It’s a fresh monsoon morning. The only sound outside is the rustling of leaves in the heavy wind. Things have really improved for the society. It’s particularly perfect for the girls’ mind. After all, the government had finally given a thought to their safety.
A few months ago, the world was in shambles. Eve-teasing was at its peak, and number of rapes had increased more than ever. Except nobody laid an eye on the sport girls. You know, the ones who were athletes or gymnasts, or footballers for that matter. Slum boys feared them. And the other girls envied them. Owing to their strength of smacking anyone down, they were the only safest gender in the society – Sport Girls.
So, the government, tired of all the female-abuse complaints, decided to launch a generous law. The law stated:
- All the women, henceforth, will be wearing jerseys and track pants. [not shorts]. (This way men on the corner of the street would never think of messing up with them)
- If a girl is seen wearing any other outfit outside the house, she will be punished as pleased by the police. (God forbid she comes in with another case, she can get in jail for false accusation)

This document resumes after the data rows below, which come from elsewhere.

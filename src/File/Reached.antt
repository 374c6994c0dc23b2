-- ===== src/File/Reached.antt =====
-- The files that calls of allocatePage, deletePage and writePage lead to, and the map from page numbers to
-- pages that goes through the same calls (src/file.cpp).
pub mod Represented
use hit_database_exp3p2_cpp.Base.{
  ℕ, String, ◌+◌, ◌≤◌, ◌<◌, ◌≡◌, ◌^◌, refl, sym, ◌∙◌, ap, subst, Option, none, some, true, List, [],
  ◌∷◌, ◌++◌, arith, length, inl, inr, ◌⊎◌, ◌==◌, if◌then◌else◌, Bool-cases, ==-ne,
}
use hit_database_exp3p2_cpp.Result.{Result, ok, ok-injective}
use hit_database_exp3p2_cpp.Page.{
  Page, page_number, next_page_number, set_next_page_number, set_page_number, initialize,
}
use hit_database_exp3p2_cpp.File.{allocate_page, delete_page, write_page}
use hit_database_exp3p2_cpp.File.Stream.{File, fetch}
use hit_database_exp3p2_cpp.File.Links.{IsFile, own}
use hit_database_exp3p2_cpp.File.Relink.{Links-at, length-snoc, length-middle}
use hit_database_exp3p2_cpp.File.Kept.{Keeps}
use hit_database_exp3p2_cpp.File.Sorted.{insert_sorted, length-insert_sorted}
use hit_database_exp3p2_cpp.File.Append.{allocate_page_appended}
use hit_database_exp3p2_cpp.File.Reused.{allocate_page_reused}
use hit_database_exp3p2_cpp.File.Remove.{delete_page_freed}
use hit_database_exp3p2_cpp.File.Store.{write_page_written}

abbrev pub Pages : Type 0
Pages = ℕ → Option Page

abbrev pub assign : Pages → ℕ → Option Page → Pages
assign m n o i = if i == n then o else m i

-- A page without its pointer.
abbrev pub content : Page → Page
content p = set_next_page_number p 0

abbrev pub blank : ℕ → Page
blank n = set_page_number initialize n

-- A file without pages, with the header that create() writes.
abbrev pub empty_file : String → File
empty_file name = record {
  filename = name;
  good = true;
  file_header = record {
    num_pages = 1;
    first_used_page = 0;
    num_free_pages = 0;
    first_free_page = 0;
  };
  pages = [];
}

-- The files that calls lead to, each with the numbers of its used and of its free pages and with what a
-- map holds after the same calls. A page is allocated where a number is left for it or a free page is
-- not left alone with others; pages are deleted and written under the numbers of used ones.
pub data Reached : File → List ℕ → List ℕ → Pages → Type 0 where
  start : (name : String) → Reached (empty_file name) [] [] (λ _. none)
  appended :
      {f f' : File} {used : List ℕ} {m : Pages} {p : Page}
      → Reached f used [] m
      → (fuel : ℕ) → f.file_header.num_pages + 1 < 2 ^ 32
      → length used ≤ fuel
      → allocate_page fuel f ≡ (ok p, f')
      → Reached f'
          (used ++ f.file_header.num_pages ∷ [])
          []
          (assign m (page_number p) (some (blank (page_number p))))
  reused :
      {f f' : File} {used free : List ℕ} {n : ℕ} {m : Pages} {p : Page}
      → Reached f used (n ∷ free) m
      → (fuel : ℕ) → (¬ (used ≡ [])) ⊎ (free ≡ [])
      → length used ≤ fuel
      → allocate_page fuel f ≡ (ok p, f')
      → Reached f'
          (insert_sorted n used)
          free
          (assign m (page_number p) (some (blank (page_number p))))
  deleted :
      {f f' : File} {free : List ℕ} {m : Pages}
      → (n : ℕ) (xs ys : List ℕ) → Reached f (xs ++ n ∷ ys) free m
      → (fuel : ℕ) → length xs ≤ fuel
      → delete_page fuel n f ≡ (ok tt, f')
      → Reached f' (xs ++ ys) (n ∷ free) (assign m n none)
  written :
      {f f' : File} {free : List ℕ} {m : Pages}
      → (q : Page) (xs ys : List ℕ) → Reached f (xs ++ page_number q ∷ ys) free m
      → write_page q f ≡ (ok tt, f')
      → Reached f' (xs ++ page_number q ∷ ys) free (assign m (page_number q) (some (content q)))

-- What the map has for a page on disk.
abbrev pub Shows : ℕ → Page → Option Page → Type 0
Shows n p none = (page_number p ≡ 0) × (content p ≡ initialize)
Shows n p (some q) = (page_number p ≡ n) × (content p ≡ q)

abbrev pub Stands : File → Pages → ℕ → Type 0
Stands f m n = (p : Page) × (fetch f n ≡ some p) × Shows n p (m n)

pub record Represents (f : File) (used free : List ℕ) (m : Pages) : Type 0 where
  pub is : IsFile f used free
  pub stands : (n : ℕ) → 0 < n → n < f.file_header.num_pages → Stands f m n
  pub beyond : (n : ℕ) → f.file_header.num_pages ≤ n → m n ≡ none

One day, the average woman, in her new law clothes, is coming home from the market. She passes a silent street when she hears whistles and hooting. 3 men. Behind her. All drunk. They tell her she couldn’t possibly be a Sport Girl because she’s fat and old. The woman, with all her summed up courage, kicks each of them in the groin, and runs away swiftly. Thank god, if any, she thinks, that I attend the self-defense workshops. I couldn’t take more forced handling. Of course, there’s enough at home.